China Urges New Nuclear Talks With North Korea

China Urges New Nuclear Talks With North KoreaChina Urges New Nuclear Talks With North Korea

Chinese Foreign Minister Wang Yi said on Saturday that six-party talks were still the best way to address North Korea’s nuclear issue.

He made the comments at an event to mark a decade since all sides–China, the United States, Russia, Japan, South Korea and North Korea–agreed to denuclearize the Korean peninsula.

Earlier this week, Pyongyang announced it planned to fire a fourth long-range rocket into space and was seeking to upgrade its nuclear arsenal. It carried out similar tests in 2006, 2012 and 2013, DW reported.

Addressing scholars and Chinese officials in Beijing, Wang said, “It is urgent for all the parties involved to reactivate the (2005) joint statement and make joint efforts to create conditions, reach consensus and pave the way for the resumption of six-party talks.”

Under the joint statement, which was signed 10 years ago, North Korea agreed to suspend its nuclear program after Washington assured its leaders that the country would not be attacked.

But within a year, the plan failed when Pyongyang carried out its first nuclear weapon test.

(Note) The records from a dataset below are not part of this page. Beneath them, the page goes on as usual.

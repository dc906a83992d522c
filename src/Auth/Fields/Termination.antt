-- ===== src/Auth/Fields/Termination.antt =====
-- The iterator over the matches stops by itself.
use gate_control.Base.{
  ℕ, zero, suc, ◌≤◌, ◌<◌, Bool, List, [], ◌∷◌, Option, none, some, length, ◌==◌, ◌≡◌, subst, arith,
  Bool-cases, Option-cases, inl, inr,
}
use gate_control.Base.Text.{Str}
use gate_control.Auth.Fields.{
  Match, is_letter, is_space, is_word, is_line_end, span, prepend, nonempty, to_quote, quoted,
  match_value, skip_comma, finish, after_key, match_here, search_from, matches,
}

span-length-le : (p : ℕ → Bool) (s : Str) → length (span p s).1 ≤ length s
unfolding span
span-length-le p [] = omega arith
span-length-le p (c ∷ s) = ground (arith, span-length-le p s)

-- What is left is shorter than a bound.
abbrev Leaves : ℕ → Option (Str × Str) → Type 0
Leaves n none = Unit {0}
Leaves n (some (a, b)) = length b < n

Leaves-mono : (n m : ℕ) (o : Option (Str × Str)) → n ≤ m → Leaves n o → Leaves m o
Leaves-mono n m none le h = tt
Leaves-mono n m (some (a, b)) le h = omega arith

Leaves-prepend : (n m c : ℕ) (o : Option (Str × Str)) → n ≤ m → Leaves n o → Leaves m (prepend c o)
Leaves-prepend n m c none le h = tt
Leaves-prepend n m c (some (a, b)) le h = omega arith

to_quote-Leaves : (s : Str) → Leaves (length s) (to_quote s)
unfolding to_quote
to_quote-Leaves [] = tt
to_quote-Leaves (c ∷ s) = elim (Bool-cases (c == b'"')) [
  | inl hit ↦ rw hit (omega arith)
  | inr miss ↦ elim (Bool-cases (is_line_end c)) [
    | inl end ↦ rw (miss, end) tt
    | inr more ↦
        rw (miss, more)
          (Leaves-prepend (length s) _ c (to_quote s) (omega arith) (to_quote-Leaves s))
  ]
]

quoted-Leaves : (s : Str) → Leaves (length s) (quoted s)
unfolding quoted
quoted-Leaves [] = tt
quoted-Leaves (c ∷ s) = elim (Bool-cases (is_line_end c)) [
  | inl end ↦ rw end tt
  | inr more ↦
      rw more (Leaves-prepend (length s) _ c (to_quote s) (omega arith) (to_quote-Leaves s))
]

nonempty-Leaves : (n : ℕ) (r : Str × Str) → length r.1 ≤ n → Leaves (suc n) (nonempty r)
nonempty-Leaves n ([], s) h = tt
nonempty-Leaves n (c ∷ a, s) h = omega arith

match_value-Leaves : (s : Str) → Leaves (suc (length s)) (match_value s)
unfolding match_value
match_value-Leaves [] = tt
match_value-Leaves (c ∷ s) = elim (Bool-cases (c == b'"')) [
  | inl hit ↦ rw hit (Leaves-prepend (length s) _ c (quoted s) (omega arith) (quoted-Leaves s))
  | inr miss ↦
      rw miss
        (nonempty-Leaves (suc (length s)) (span is_word (c ∷ s)) (span-length-le is_word (c ∷ s)))
]

abbrev Rests : ℕ → Option Match → Type 0
Rests n none = Unit {0}
Rests n (some m) = length m.rest < n

skip_comma-length-le : (s : Str) → length (skip_comma s) ≤ length s
unfolding skip_comma
skip_comma-length-le [] = omega arith
skip_comma-length-le (c ∷ s) = ground arith

finish-Rests : (n : ℕ) (key : Str) (o : Option (Str × Str)) → Leaves n o → Rests n (finish key o)
unfolding finish
finish-Rests n key none h = tt
finish-Rests n key (some (v, s)) h =
    omega (arith, skip_comma-length-le s, span-length-le is_space (skip_comma s))

after_key-Rests : (n : ℕ) (r : Str × Str) → length r.1 ≤ n → Rests n (after_key r)
unfolding after_key
after_key-Rests n ([], s) h = tt
after_key-Rests n (c ∷ key, []) h = tt
after_key-Rests n (c ∷ key, e ∷ s) h = elim (Bool-cases (e == b'=')) [
  | inl hit ↦ rw hit (
      finish-Rests n (c ∷ key) (match_value s)
        (Leaves-mono _ n (match_value s) h (match_value-Leaves s)))
  | inr miss ↦ rw miss tt
]

match_here-Rests : (s : Str) → Rests (length s) (match_here s)
unfolding match_here
match_here-Rests s =
    after_key-Rests (length s) (span is_letter (span is_space s).1)
      (omega (arith, span-length-le is_space s, span-length-le is_letter (span is_space s).1))

Rests-mono : (n m : ℕ) (o : Option Match) → n ≤ m → Rests n o → Rests m o
Rests-mono n m none le h = tt
Rests-mono n m (some x) le h = omega arith

search_from-Rests : (s : Str) → Rests (length s) (search_from s)
unfolding search_from
search_from-Rests [] = tt
search_from-Rests (c ∷ s) = elim (Option-cases (match_here (c ∷ s))) [
  | inl missing ↦
      rw (missing, search_from)
        (Rests-mono (length s) _ (search_from s) (omega arith) (search_from-Rests s))
  | inr (m, found) ↦
      rw (found, search_from) (subst (Rests (length (c ∷ s))) found (match_here-Rests (c ∷ s)))
]

-- The matches, one after another, until a search fails.
pub data Iterates : Str → List Match → Type 0 where
  end : {s : Str} → search_from s ≡ none → Iterates s []
  next :
      {s : Str} {ms : List Match} (m : Match)
      → search_from s ≡ some m
      → Iterates m.rest ms
      → Iterates s (m ∷ ms)

-- The iterator lists the matches one after another until a search fails, with fuel above the length
-- of the text: no match is left out, and it stops.
matches-Iterates : (fuel : ℕ) (s : Str) → length s < fuel → Iterates s (matches fuel s)
unfolding matches
matches-Iterates zero s h = absurd (omega arith)
matches-Iterates (suc fuel) s h = elim (Option-cases (search_from s)) [
  | inl missing ↦ rw (missing, matches) (end missing)
  | inr (m, found) ↦
      let shorter : length m.rest < length s =
        subst (Rests (length s)) found (search_from-Rests s) in
      rw (found, matches) (next m found (matches-Iterates fuel m.rest (omega arith)))
]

“We call on all sides to adopt a responsible attitude toward the peninsula as well as the region of northeast Asia, and never again take any new action that could lead to tensions,” he told the academic forum.

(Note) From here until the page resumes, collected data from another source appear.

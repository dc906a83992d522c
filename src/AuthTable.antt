-- ===== src/AuthTable.antt =====
-- src/auth_table.hpp: the users, and the auth-file that keeps them.
pub mod Types
pub mod Split
pub mod Stoi
pub mod File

The last round of talks collapsed in 2008, when North Korea refused to allow inspections of its nuclear facilities. Several attempts to restart talks have failed.

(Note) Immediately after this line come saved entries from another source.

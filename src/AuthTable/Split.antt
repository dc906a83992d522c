-- ===== src/AuthTable/Split.antt =====
-- src/auth_table.hpp: `split_str` and `join_vector`.
pub mod Laws
use gate_control.Base.{ℕ, zero, suc, ◌+◌, ◌-◌, List, [], ◌∷◌, ◌++◌, none, some, length, drop}
use gate_control.Base.Text.{Str, substr, find_from}

-- The `do` loop. A field that no delimiter ends goes on to the end: its count, `npos - previous`,
-- is past it. Each round moves `previous` on, so the length bounds the rounds.
unfoldable pub split_from : ℕ → ℕ → Str → ℕ → List Str
split_from zero d input previous = []
split_from (suc fuel) d input previous = elim (find_from d input previous) [
  | none ↦ drop previous input ∷ []
  | some i ↦ substr input previous (i - previous) ∷ split_from fuel d input (i + 1)
]

unfoldable pub split_str : ℕ → Str → List Str
split_str d [] = []
split_str d (c ∷ s) = split_from (suc (length (c ∷ s))) d (c ∷ s) 0

-- The delimiter follows every item but the last.
unfoldable pub join_vector : ℕ → List Str → Str
join_vector d [] = []
join_vector d (x ∷ []) = x
join_vector d (x ∷ y ∷ v) = x ++ (d ∷ join_vector d (y ∷ v))
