-- ===== src/AuthTable/Stoi.antt =====
-- `std::stoi` on bytes, and the permissions that the auth-file's second field stands for.
use gate_control.Base.{
  ℕ, ◌+◌, ◌-◌, ◌*◌, ◌^◌, Bool, true, false, ◌&&◌, ◌||◌, [], ◌∷◌, Option, none, some, leb, ◌==◌,
  if◌then◌else◌,
}
use gate_control.Base.Text.{Str}
use gate_control.Base.Int.{ℤ, pos, minus, to_unsigned}
use gate_control.AuthTable.Types.{AuthorizationType, blocked, view, control}

abbrev pub is_space : ℕ → Bool
is_space c = c == b' ' || leb 9 c && leb c 13

abbrev pub is_digit : ℕ → Bool
is_digit c = leb b'0' c && leb c b'9'

unfoldable pub skip_spaces : Str → Str
skip_spaces [] = []
skip_spaces (c ∷ s) = if is_space c then skip_spaces s else c ∷ s

-- The value of the digits that the text begins with; `none` where it begins with none.
digits_from : ℕ → Str → ℕ
digits_from acc [] = acc
digits_from acc (c ∷ s) =
    let more = digits_from (acc * 10 + (c - b'0')) s in if is_digit c then more else acc

leading_digits : Str → Option ℕ
unfolding digits_from
leading_digits [] = none
leading_digits (c ∷ s) = if is_digit c then some (digits_from 0 (c ∷ s)) else none

-- An `int` has 32 bits; a value beyond is `out_of_range`.
in_range : Bool → ℕ → Option ℤ
in_range negative n =
    if negative
    then if leb n (2 ^ 31) then some (minus n) else none
    else if leb n (2 ^ 31 - 1)
    then some (pos n)
    else none

signed : Bool → Str → Option ℤ
unfolding leading_digits in_range
signed negative s = elim (leading_digits s) [ none ↦ none | some n ↦ in_range negative n ]

after_spaces : Str → Option ℤ
unfolding signed
after_spaces [] = none
after_spaces (c ∷ s) =
    if c == b'-' then signed true s else if c == b'+' then signed false s else signed false (c ∷ s)

-- `none` where `std::stoi` throws. What follows the digits is ignored.
unfoldable pub stoi : Str → Option ℤ
unfolding skip_spaces after_spaces
stoi s = after_spaces (skip_spaces s)

-- `static_cast<AuthorizationType>` of a value that passed `permissions > 2`
unfoldable pub to_permissions : ℕ → Option AuthorizationType
to_permissions n =
    if n == 0
    then some blocked
    else if n == 1
    then some view
    else if n == 2
    then some control
    else none

-- The conversion, its `catch`, and the test of the range.
unfoldable pub parse_permissions : Str → Option AuthorizationType
unfolding stoi to_permissions
parse_permissions s = elim (stoi s) [ none ↦ none | some i ↦ to_permissions (to_unsigned i) ]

South Korea recently conducted military exercises and restarted propaganda broadcasts at the border, which led to threats of all-out war from the North. The tests were quickly stopped after 11th-hour bilateral talks.

China is Pyongyang’s closest ally and is believed to have the biggest leverage over getting North Korean leader Kim Jong Un’s officials back to the negotiating table.But most analysts agree that a fourth missile test will result in a souring of ties with Beijing.

“Relations between the two parties and people will be greatly harmed if North Korea insists on acting while being clearly aware of China’s stance,” said Lu Chao, an expert on East Asian affairs, adding that it would leave Pyongyang “even more isolated on the international stage.”